##### Input material #####

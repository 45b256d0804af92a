-- ===== src/Mapper/Processors/Pages.antt =====
-- The pages of a whole cluster: the counter of free resources, and where each task is.
use mmemphis.Base.{
  ℕ, ◌+◌, ◌≤◌, ◌<◌, ◌≡◌, ◌≢◌, inl, inr, List, [], ◌∷◌, arith, ◌==◌, Bool-cases, length, count,
  count-le-length, word_mod, minus_one, add32, sub32, done, Running-cases,
}
use mmemphis.Mapper.Processors.{
  Processor, Resources, on_processor, place, displace, add_task, remove_task, page_used,
  page_released,
}
use mmemphis.Mapper.Processors.Tasks.{IsValid, is_slot_free, on, place_lem, displace_lem}

abbrev pub AllValid : List Processor → Type 0
AllValid [] = Unit {0}
AllValid (p ∷ ps) = IsValid p × AllValid ps

-- The free pages, and all pages, of the cluster.
abbrev pub sum_free : List Processor → ℕ
sum_free [] = 0
sum_free (p ∷ ps) = p.free_pages + sum_free ps

abbrev pub pages : List Processor → ℕ
pages [] = 0
pages (p ∷ ps) = length p.task + pages ps

-- The slots of the cluster that hold a task.
abbrev pub homes : ℕ → List Processor → ℕ
homes t [] = 0
homes t (p ∷ ps) = count (on t) p.task + homes t ps

pub record IsConsistent (r : Resources) : Type 0 where
  pub valid : AllValid r.processors
  pub counted : r.free_resources ≡ sum_free r.processors
  pub small : pages r.processors < word_mod

-- What an act on one processor changes in the cluster.
record Changed (a : ℕ) (t : ℕ) (ps ps' : List Processor) : Type 0 where
  valid : AllValid ps'
  pages_kept : pages ps' ≡ pages ps
  others : (u : ℕ) → u ≢ t → u ≢ minus_one → homes u ps' ≡ homes u ps

sum_free-le-pages : (ps : List Processor) → AllValid ps → sum_free ps ≤ pages ps
sum_free-le-pages [] v = omega arith
sum_free-le-pages (p ∷ ps) v =
    ground (arith, sum_free-le-pages ps v.1, count-le-length is_slot_free p.task)

module _ (a t : ℕ) (m : t ≢ minus_one) where
  add_task-Changed :
      (ps : List Processor) {ps' : List Processor}
      → AllValid ps
      → add_task a t ps ≡ done ps'
      → Changed a t ps ps' × (sum_free ps' + 1 ≡ sum_free ps) × (homes t ps' ≡ homes t ps + 1)
  unfolding add_task on_processor
  add_task-Changed [] v h = absurd (cc)
  add_task-Changed (p ∷ ps) {ps'} v h = elim (Bool-cases (p.address == a)) [
    | inl e ↦ elim (place_lem t p v.0 m) [
      | inl (no_room, _) ↦ absurd (ground arith)
      | inr (p', s, w, _, l, f, z, o, k) ↦
          let out : p' ∷ ps ≡ ps' = ground arith in
          rw (← out) (
            record {
              valid = (w, v.1);
              pages_kept = ground arith;
              others = λ u d n. ground (arith, k u d n);
            },
            ground arith,
            ground arith,
          )
    ]
    | inr e ↦ elim (Running-cases (on_processor a (place t) ps)) [
      | inl n ↦ absurd (ground arith)
      | inr (qs, s) ↦
          let (c, f, o) = add_task-Changed ps {ps' = qs} v.1 s in
          let out : p ∷ qs ≡ ps' = ground arith in
          rw (← out) (
            record {
              valid = (v.0, c.valid);
              pages_kept = omega (arith, c.pages_kept);
              others = λ u d n. omega (arith, c.others u d n);
            },
            omega (arith, f),
            omega (arith, o),
          )
    ]
  ]

  remove_task-Changed :
      (ps : List Processor) {ps' : List Processor}
      → AllValid ps
      → remove_task a t ps ≡ done ps'
      → Changed a t ps ps' × (sum_free ps' ≡ sum_free ps + 1) × (homes t ps' + 1 ≡ homes t ps)
  unfolding remove_task on_processor
  remove_task-Changed [] v h = absurd (cc)
  remove_task-Changed (p ∷ ps) {ps'} v h = elim (Bool-cases (p.address == a)) [
    | inl e ↦ elim (displace_lem t p v.0 m) [
      | inl (no_task, _) ↦ absurd (ground arith)
      | inr (p', s, w, _, l, f, o, k) ↦
          let out : p' ∷ ps ≡ ps' = ground arith in
          rw (← out) (
            record {
              valid = (w, v.1);
              pages_kept = ground arith;
              others = λ u d n. ground (arith, k u d n);
            },
            ground arith,
            ground arith,
          )
    ]
    | inr e ↦ elim (Running-cases (on_processor a (displace t) ps)) [
      | inl n ↦ absurd (ground arith)
      | inr (qs, s) ↦
          let (c, f, o) = remove_task-Changed ps {ps' = qs} v.1 s in
          let out : p ∷ qs ≡ ps' = ground arith in
          rw (← out) (
            record {
              valid = (v.0, c.valid);
              pages_kept = omega (arith, c.pages_kept);
              others = λ u d n. omega (arith, c.others u d n);
            },
            omega (arith, f),
            omega (arith, o),
          )
    ]
  ]

  -- In a consistent cluster, taking a page for a task other than -1, where it returns, keeps the
  -- free resources equal to the sum of the processors' free pages, takes one of them, gives the
  -- task one slot more, and moves no other task.
  pub page_used-IsConsistent :
      (r : Resources) {r' : Resources}
      → IsConsistent r
      → page_used a t r ≡ done r'
      → IsConsistent r'
        × (r'.free_resources + 1 ≡ r.free_resources)
        × (homes t r'.processors ≡ homes t r.processors + 1)
        × ((u : ℕ) → u ≢ t → u ≢ minus_one → homes u r'.processors ≡ homes u r.processors)
  unfolding page_used
  page_used-IsConsistent r {r'} v h = elim (Running-cases (add_task a t r.processors)) [
    | inl n ↦ absurd (ground arith)
    | inr (ps, s) ↦
        let (c, f, o) = add_task-Changed r.processors {ps' = ps} v.valid s in
        let small = sum_free-le-pages r.processors v.valid in
        let out : record { processors = ps; free_resources = sub32 r.free_resources 1 } ≡ r' =
          ground arith in
        rw (← out) (
          record {
            valid = c.valid;
            counted = omega (arith, v.counted, v.small);
            small = omega (arith, v.small, c.pages_kept);
          },
          omega (arith, v.counted, v.small),
          o,
          c.others,
        )
  ]

  -- In a consistent cluster, releasing the page of a task other than -1, where it returns, keeps
  -- the free resources equal to the sum of the processors' free pages, gives one back, takes one
  -- slot of the task away, and moves no other task.
  pub page_released-IsConsistent :
      (r : Resources) {r' : Resources}
      → IsConsistent r
      → page_released a t r ≡ done r'
      → IsConsistent r'
        × (r'.free_resources ≡ r.free_resources + 1)
        × (homes t r'.processors + 1 ≡ homes t r.processors)
        × ((u : ℕ) → u ≢ t → u ≢ minus_one → homes u r'.processors ≡ homes u r.processors)
  unfolding page_released
  page_released-IsConsistent r {r'} v h = elim (Running-cases (remove_task a t r.processors)) [
    | inl n ↦ absurd (ground arith)
    | inr (ps, s) ↦
        let (c, f, o) = remove_task-Changed r.processors {ps' = ps} v.valid s in
        let small = sum_free-le-pages ps c.valid in
        let out : record { processors = ps; free_resources = add32 r.free_resources 1 } ≡ r' =
          ground arith in
        rw (← out) (
          record {
            valid = c.valid;
            counted = omega (arith, v.counted, v.small, c.pages_kept);
            small = omega (arith, v.small, c.pages_kept);
          },
          omega (arith, v.counted, v.small, c.pages_kept),
          o,
          c.others,
        )
  ]
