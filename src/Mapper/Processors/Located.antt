-- ===== src/Mapper/Processors/Located.antt =====
-- Where the cluster finds a task.
use mmemphis.Base.{
  ℕ, ◌≡◌, refl, ◌≢◌, inl, inr, List, [], ◌∷◌, arith, ◌==◌, Bool-cases, Option-cases, first?,
  first?-none, NoneOf-first?, NoneOf-count, count-NoneOf, count-le-length, minus_one, done,
  Running-cases,
}
use mmemphis.Mapper.Processors.{Processor, on_processor, place, add_task, get_task_location}
use mmemphis.Mapper.Processors.Tasks.{is_slot_free, on, place_lem}
use mmemphis.Mapper.Processors.Pages.{AllValid, homes}

-- A task that has no slot is found nowhere.
pub get_task_location-homeless :
    (t : ℕ) (ps : List Processor) → homes t ps ≡ 0 → get_task_location t ps ≡ minus_one
unfolding get_task_location
get_task_location-homeless t [] h = refl
get_task_location-homeless t (p ∷ ps) h = ground (
  arith,
  get_task_location-homeless t ps,
  NoneOf-first? (on t) p.task (count-NoneOf (on t) p.task (omega arith)),
)

-- Where adding a task to a processor returns, the task is found there, if it was nowhere before and
-- the free pages of each processor count its free slots; neither the task nor the processor's
-- address is -1.
pub add_task-get_task_location :
    (a t : ℕ) (ps : List Processor) {ps' : List Processor}
    → t ≢ minus_one
    → a ≢ minus_one
    → AllValid ps
    → homes t ps ≡ 0
    → add_task a t ps ≡ done ps'
    → get_task_location t ps' ≡ a
unfolding add_task on_processor get_task_location
add_task-get_task_location a t [] m n v z h = absurd (cc)
add_task-get_task_location a t (p ∷ ps) {ps'} m n v z h = elim (Bool-cases (p.address == a)) [
  | inl e ↦ elim (place_lem t p v.0 m) [
    | inl (no_room, _) ↦ absurd (ground arith)
    | inr (p', s, w, at, l, f, _, o, k) ↦
        let out : p' ∷ ps ≡ ps' = ground arith in
        elim (Option-cases (first? (on t) p'.task)) [
          | inl none_there ↦
              absurd
                (omega (arith, NoneOf-count (on t) p'.task (first?-none (on t) p'.task none_there)))
          | inr (x, there) ↦ rw (← out) (ground (arith, there, count-le-length is_slot_free p.task))
        ]
  ]
  | inr e ↦ elim (Running-cases (on_processor a (place t) ps)) [
    | inl none_there ↦ absurd (ground arith)
    | inr (qs, s) ↦
        let out : p ∷ qs ≡ ps' = ground arith in
        rw (← out) (
          ground (
            arith,
            NoneOf-first? (on t) p.task (count-NoneOf (on t) p.task (omega arith)),
            add_task-get_task_location a t ps {ps' = qs} m n v.1 (omega arith) s,
          ))
  ]
]
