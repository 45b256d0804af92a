-- ===== src/Scheduler/RoundRobin.antt =====
-- A round of `round_robin` visits every index.
use mmemphis.Base.{
  ℕ, zero, suc, ◌+◌, ◌-◌, ◌≤◌, ◌<◌, ◌≡◌, inl, inr, Bool, true, false, none, some, List, arith, ltb,
  ◌==◌, if◌then◌else◌, Bool-cases, length,
}
use mmemphis.Tcb.{Tcb, Scheduling}
use mmemphis.Scheduler.{next_index, test_at, search_round}

-- The rounds until `round_robin` comes from `i` to `j`.
abbrev pub rounds : ℕ → ℕ → ℕ → ℕ
rounds n i j = if ltb i j then j - i else j + n - i

module _ (p : Scheduling → Tcb → Bool) (tcbs : List Tcb) where
  -- What the search finds passes the test, and it leaves the index there.
  pub search_round-found :
      (n i : ℕ) {j : ℕ}
      → (search_round p n i tcbs).0 ≡ some j
      → (test_at p tcbs j ≡ true) × ((search_round p n i tcbs).1 ≡ j)
  unfolding search_round
  search_round-found zero i h = absurd (cc)
  search_round-found (suc n) i {j} h =
      ground (arith, search_round-found n (next_index (length tcbs) i) {j = j})

  -- Where it finds nothing, every index within its rounds fails the test.
  pub search_round-none :
      (n i j : ℕ)
      → (search_round p n i tcbs).0 ≡ none
      → i < length tcbs
      → j < length tcbs
      → rounds (length tcbs) i j ≤ n
      → test_at p tcbs j ≡ false
  unfolding search_round
  search_round-none zero i j h li lj r = absurd (ground arith)
  search_round-none (suc n) i j h li lj r = elim (Bool-cases (next_index (length tcbs) i == j)) [
    | inl here ↦ let at : next_index (length tcbs) i ≡ j = ground arith in rw (← at) (ground arith)
    | inr later ↦
        search_round-none n (next_index (length tcbs) i) j (ground arith) (ground arith) lj
          (ground arith)
  ]

  pub search_round-index : (n i : ℕ) → i < length tcbs → (search_round p n i tcbs).1 < length tcbs
  unfolding search_round
  search_round-index zero i h = h
  search_round-index (suc n) i h = ground (arith, search_round-index n (next_index (length tcbs) i))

#####

- _Work request_
In the data above, find the line that contains "pages (p ∷ ps) = length p.task + pages ps", then reproduce exactly every line from the first line through that line.

- _Response to the task_
repository 45b256d0804af92a
-- ===== src/Mapper/Processors/Pages.antt =====
-- The pages of a whole cluster: the counter of free resources, and where each task is.
use mmemphis.Base.{
  ℕ, ◌+◌, ◌≤◌, ◌<◌, ◌≡◌, ◌≢◌, inl, inr, List, [], ◌∷◌, arith, ◌==◌, Bool-cases, length, count,
  count-le-length, word_mod, minus_one, add32, sub32, done, Running-cases,
}
use mmemphis.Mapper.Processors.{
  Processor, Resources, on_processor, place, displace, add_task, remove_task, page_used,
  page_released,
}
use mmemphis.Mapper.Processors.Tasks.{IsValid, is_slot_free, on, place_lem, displace_lem}

abbrev pub AllValid : List Processor → Type 0
AllValid [] = Unit {0}
AllValid (p ∷ ps) = IsValid p × AllValid ps

-- The free pages, and all pages, of the cluster.
abbrev pub sum_free : List Processor → ℕ
sum_free [] = 0
sum_free (p ∷ ps) = p.free_pages + sum_free ps

abbrev pub pages : List Processor → ℕ
pages [] = 0
pages (p ∷ ps) = length p.task + pages ps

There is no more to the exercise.